5
Gurus do R,
I have the following data frame (Df) that establishes the relationship between variables X and Y:
X Y
1 25 2457524
2 25 2391693
3 25 2450828
4 25 2391252
5 25 2444638
6 25 2360293
7 50 4693194
8 50 4844527
9 50 4835596
10 50 4878092
11 50 4809226
12 50 4722253
13 75 7142763
14 75 7182769
15 75 7135550
16 75 7173920
17 75 7216871
18 75 7076359
19 100 9496553
20 100 9537788
21 100 9405825
22 100 9439201
23 100 9609870
24 100 9707734
25 125 12031958
26 125 12027037
27 125 11935594
28 125 11930086
29 125 12154132
30 125 12096462
31 150 14298064
32 150 14396607
33 150 13964716
34 150 14221039
35 150 14283992
36 150 14042220
(Note that we have 7 levels for variable X with 6 points in each level)
If we adjust a polynomial model of 2nd degree for these data we obtain the following model:
Model<-lm(formula = Y ~ X + I(X^2))
print(Model)
Call:
lm(formula = Y ~ X + I(X^2))
Coefficients:
(Intercept) X I(X^2)
-26588.12 97310.61 -14.02
The graphic representation of this model, which looks more like a straight line, is as follows::
If we want to use the model to predict the values of "Y" from the values of the variable "X" just run this line of code:
>predicted.intervals <- predict(Model,data.frame(x=X),interval='confidence',
+ level=0.95)
>predicted.intervals
fit lwr upr
1 2397413 2315346 2479481
2 2397413 2315346 2479481
3 2397413 2315346 2479481
4 2397413 2315346 2479481
5 2397413 2315346 2479481
6 2397413 2315346 2479481
7 4803887 4753705 4854070
8 4803887 4753705 4854070
9 4803887 4753705 4854070
10 4803887 4753705 4854070
11 4803887 4753705 4854070
12 4803887 4753705 4854070
13 7192834 7137649 7248019
14 7192834 7137649 7248019
15 7192834 7137649 7248019
16 7192834 7137649 7248019
17 7192834 7137649 7248019
18 7192834 7137649 7248019
19 9564252 9509067 9619438
20 9564252 9509067 9619438
21 9564252 9509067 9619438
22 9564252 9509067 9619438
23 9564252 9509067 9619438
24 9564252 9509067 9619438
25 11918144 11867961 11968326
26 11918144 11867961 11968326
27 11918144 11867961 11968326
28 11918144 11867961 11968326
29 11918144 11867961 11968326
30 11918144 11867961 11968326
31 14254507 14172440 14336574
32 14254507 14172440 14336574
33 14254507 14172440 14336574
34 14254507 14172440 14336574
35 14254507 14172440 14336574
36 14254507 14172440 14336574
The question that won’t shut up:
What would be the line(s) of code to do the inverse prediction, that is, in this model, predict "X" from the data of the variable "Y"? Searching on google I have tried several packages and specific functions but unfortunately I was not successful (perhaps due to lack of familiarity with the functions).

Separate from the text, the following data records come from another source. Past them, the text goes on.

-- ===== src/Dir/Paths.antt =====
-- skipelem() of fs.c against a description of paths.
use shared_memory.Prelude.{
  ℕ, ◌<◌, ◌≡◌, ◌≢◌, ◌⊎◌, inl, inr, refl, sym, ◌∙◌, ap, false, none, some, [], ◌∷◌, ◌++◌, length,
  All, arith, ◌==◌, Bool-cases,
}
use mathlib.Core.Path.{subst}
use shared_memory.Dir.{Text, slash, dir_size, char_at, skip_slashes, take_elem, prefix, skipelem}

-- Only slashes, and no slash
abbrev pub Slashes : Text → Type 0
Slashes = All (λ c. c ≡ slash)

abbrev pub NoSlash : Text → Type 0
NoSlash = All (λ c. c ≢ slash)

pub skip_slashes-split :
    (path : Text)
    → (s : Text) × (path ≡ s ++ skip_slashes path)
      × Slashes s
      × (char_at (skip_slashes path) 0 ≢ slash)
unfolding skip_slashes char_at
skip_slashes-split [] = ([], refl, tt, λ e. ground arith)
skip_slashes-split (c ∷ cs) = elim (Bool-cases (c == slash)) [
  | inl h ↦
      (let (s, e, all, n) = skip_slashes-split cs in
        rw h (c ∷ s, ap (λ r. c ∷ r) e, (ground arith, all), n))
  | inr h ↦ rw h ([], refl, tt, λ e. ground arith)
]

pub take_elem-split :
    (path : Text)
    → (path ≡ (take_elem path).0 ++ (take_elem path).1)
      × NoSlash (take_elem path).0
      × (((take_elem path).1 ≡ []) ⊎ (char_at (take_elem path).1 0 ≡ slash))
unfolding take_elem char_at
take_elem-split [] = (refl, tt, inl refl)
take_elem-split (c ∷ cs) = elim (Bool-cases (c == slash)) [
  | inl h ↦ rw h (refl, tt, inr (ground arith))
  | inr h ↦
      (let (e, all, n) = take_elem-split cs in
        rw h (ap (λ r. c ∷ r) e, ((λ e. ground arith), all), n))
]

-- The description: slashes, an element without slashes, more slashes, and the rest of the path, which
-- starts with none.
pub record Splits (path element rest : Text) : Type 0 where
  pub before : Text
  pub after : Text
  pub whole : path ≡ before ++ (element ++ (after ++ rest))
  pub slashes : Slashes before
  pub more : Slashes after
  pub solid : NoSlash element
  pub inside : 0 < length element
  pub trimmed : char_at rest 0 ≢ slash
  -- What follows the element is a slash or the end.
  pub ends : (after ++ rest ≡ []) ⊎ (char_at (after ++ rest) 0 ≡ slash)

Slashes-nil : (s : Text) → Slashes s → Slashes (s ++ [])
Slashes-nil [] h = tt
Slashes-nil (c ∷ cs) h = (h.0, Slashes-nil cs h.1)

head_of : (c : ℕ) (cs : Text) → char_at (c ∷ cs) 0 ≢ slash → c ≢ slash
unfolding char_at
head_of c cs h = h

nonempty : (c : ℕ) (cs : Text) → c ≢ slash → 0 < length (take_elem (c ∷ cs)).0
unfolding take_elem
nonempty c cs h = (let e : (c == slash) ≡ false = ground arith in rw e (omega arith))

-- Either the path has only slashes, and skipelem() returns none; or it returns the first DIRSIZ
-- characters of the first element of the path, and what is behind the slashes after that element.
pub skipelem_lem :
    (path : Text)
    → (Slashes path × (skipelem path ≡ none))
      ⊎ ((element : Text) × (rest : Text) × (skipelem path ≡ some (prefix dir_size element, rest))
          × Splits path element rest)
unfolding skipelem
skipelem_lem path =
    (let (s, e, all, n) = skip_slashes-split path in from (skip_slashes path) refl s e all n)
  where
    from :
        (t : Text)
        → skip_slashes path ≡ t
        → (s : Text) → path ≡ s ++ skip_slashes path
        → Slashes s
        → char_at (skip_slashes path) 0 ≢ slash
        → (Slashes path × (skipelem path ≡ none))
          ⊎ ((element : Text) × (rest : Text) × (skipelem path
                ≡ some (prefix dir_size element, rest))
              × Splits path element rest)
    from [] q s e all n =
        inl
          (subst Slashes (sym (e ∙ ap (λ t. s ++ t) q)) (Slashes-nil s all), rw (skipelem, q) refl)
    from (c ∷ cs) q s e all n =
        let (w, solid, ends) = take_elem-split (c ∷ cs) in
        let rest1 = (take_elem (c ∷ cs)).1 in
        let (a, e2, all2, n2) = skip_slashes-split rest1 in
        inr (
          (take_elem (c ∷ cs)).0,
          skip_slashes rest1,
          rw (skipelem, q) refl,
          record {
            before = s;
            after = a;
            whole = e ∙ ap (λ t. s ++ t) (q ∙ w ∙ ap (λ t. (take_elem (c ∷ cs)).0 ++ t) e2);
            slashes = all;
            more = all2;
            solid = solid;
            inside = nonempty c cs (head_of c cs (rw q at n));
            trimmed = n2;
            ends = subst (λ t. (t ≡ []) ⊎ (char_at t 0 ≡ slash)) e2 ends;
          },
        )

Could any of you help me unravel this mystery? Big hug to all.
Is there any special reason you want to do this? Because you don’t fit a model
lm(X ~Y + I(Y^2))
and provides forX
fromy
directly? Statistically, doing what you want is strange because X is considered an observed variable, would not have pq you want to predict it...– Daniel Falbel
In addition to what Daniel said, I’d still be running
summary(Model)
, which is a statistically more interesting answer thanprint(Model)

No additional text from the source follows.